## Data to examine
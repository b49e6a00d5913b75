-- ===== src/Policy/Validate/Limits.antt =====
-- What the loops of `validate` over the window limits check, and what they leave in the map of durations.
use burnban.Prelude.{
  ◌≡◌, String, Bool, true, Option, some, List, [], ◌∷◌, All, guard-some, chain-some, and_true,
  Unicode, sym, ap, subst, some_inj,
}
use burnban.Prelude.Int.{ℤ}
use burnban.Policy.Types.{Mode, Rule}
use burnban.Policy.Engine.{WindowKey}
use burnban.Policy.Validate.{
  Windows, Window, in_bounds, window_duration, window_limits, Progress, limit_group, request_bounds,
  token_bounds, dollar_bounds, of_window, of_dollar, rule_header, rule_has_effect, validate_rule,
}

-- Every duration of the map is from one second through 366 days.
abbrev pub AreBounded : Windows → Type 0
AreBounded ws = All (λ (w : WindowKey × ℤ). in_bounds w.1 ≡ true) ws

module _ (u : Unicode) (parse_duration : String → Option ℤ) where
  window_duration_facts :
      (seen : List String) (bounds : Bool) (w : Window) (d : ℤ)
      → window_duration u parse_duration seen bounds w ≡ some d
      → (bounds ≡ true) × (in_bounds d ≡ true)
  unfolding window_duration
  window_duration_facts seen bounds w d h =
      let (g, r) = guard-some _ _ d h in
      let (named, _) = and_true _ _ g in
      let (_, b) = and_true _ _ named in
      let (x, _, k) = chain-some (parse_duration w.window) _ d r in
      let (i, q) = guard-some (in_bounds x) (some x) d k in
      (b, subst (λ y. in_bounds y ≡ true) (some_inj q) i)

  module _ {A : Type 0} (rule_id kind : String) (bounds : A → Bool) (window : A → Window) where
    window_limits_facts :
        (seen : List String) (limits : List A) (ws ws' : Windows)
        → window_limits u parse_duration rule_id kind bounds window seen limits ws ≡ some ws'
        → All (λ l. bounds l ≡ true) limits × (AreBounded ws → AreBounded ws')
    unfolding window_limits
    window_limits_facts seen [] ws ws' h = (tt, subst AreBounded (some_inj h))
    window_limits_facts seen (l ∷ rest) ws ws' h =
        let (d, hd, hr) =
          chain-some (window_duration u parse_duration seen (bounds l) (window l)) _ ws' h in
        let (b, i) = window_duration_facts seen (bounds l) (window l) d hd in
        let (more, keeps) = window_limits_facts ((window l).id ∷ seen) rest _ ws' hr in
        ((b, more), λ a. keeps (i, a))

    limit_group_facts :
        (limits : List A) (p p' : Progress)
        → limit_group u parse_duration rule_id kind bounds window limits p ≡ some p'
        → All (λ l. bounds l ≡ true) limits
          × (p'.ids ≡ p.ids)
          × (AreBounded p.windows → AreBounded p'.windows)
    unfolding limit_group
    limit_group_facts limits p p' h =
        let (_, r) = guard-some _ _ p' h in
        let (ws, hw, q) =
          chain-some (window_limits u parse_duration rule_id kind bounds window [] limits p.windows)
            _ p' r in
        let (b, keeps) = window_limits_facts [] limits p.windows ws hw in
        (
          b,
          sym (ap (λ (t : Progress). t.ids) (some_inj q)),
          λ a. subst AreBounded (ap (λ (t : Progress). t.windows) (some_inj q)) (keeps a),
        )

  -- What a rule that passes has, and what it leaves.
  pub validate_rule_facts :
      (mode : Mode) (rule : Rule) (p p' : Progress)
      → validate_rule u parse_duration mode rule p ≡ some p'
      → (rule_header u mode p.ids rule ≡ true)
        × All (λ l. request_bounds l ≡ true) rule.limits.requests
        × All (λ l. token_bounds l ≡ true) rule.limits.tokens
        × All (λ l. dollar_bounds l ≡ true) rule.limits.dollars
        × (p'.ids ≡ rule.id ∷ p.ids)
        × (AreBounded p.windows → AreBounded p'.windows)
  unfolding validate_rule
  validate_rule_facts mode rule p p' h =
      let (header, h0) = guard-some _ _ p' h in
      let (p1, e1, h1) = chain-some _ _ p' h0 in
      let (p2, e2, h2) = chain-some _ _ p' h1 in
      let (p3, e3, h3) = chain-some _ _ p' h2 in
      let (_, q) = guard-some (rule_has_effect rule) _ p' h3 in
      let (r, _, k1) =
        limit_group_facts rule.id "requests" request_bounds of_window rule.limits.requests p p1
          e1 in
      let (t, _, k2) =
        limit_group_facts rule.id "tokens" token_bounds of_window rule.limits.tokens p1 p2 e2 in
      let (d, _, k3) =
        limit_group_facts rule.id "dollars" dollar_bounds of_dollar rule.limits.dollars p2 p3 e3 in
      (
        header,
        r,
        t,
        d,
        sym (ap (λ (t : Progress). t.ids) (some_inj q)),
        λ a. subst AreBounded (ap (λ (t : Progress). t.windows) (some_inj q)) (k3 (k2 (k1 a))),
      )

## To do
Go to the line in the material above that contains "chain-some (window_duration u" and copy exactly from there through the line that contains "(limits : List A) (p p' : Progress)", stopping after it.

## Written response
          chain-some (window_duration u parse_duration seen (bounds l) (window l)) _ ws' h in
        let (b, i) = window_duration_facts seen (bounds l) (window l) d hd in
        let (more, keeps) = window_limits_facts ((window l).id ∷ seen) rest _ ws' hr in
        ((b, more), λ a. keeps (i, a))

    limit_group_facts :
        (limits : List A) (p p' : Progress)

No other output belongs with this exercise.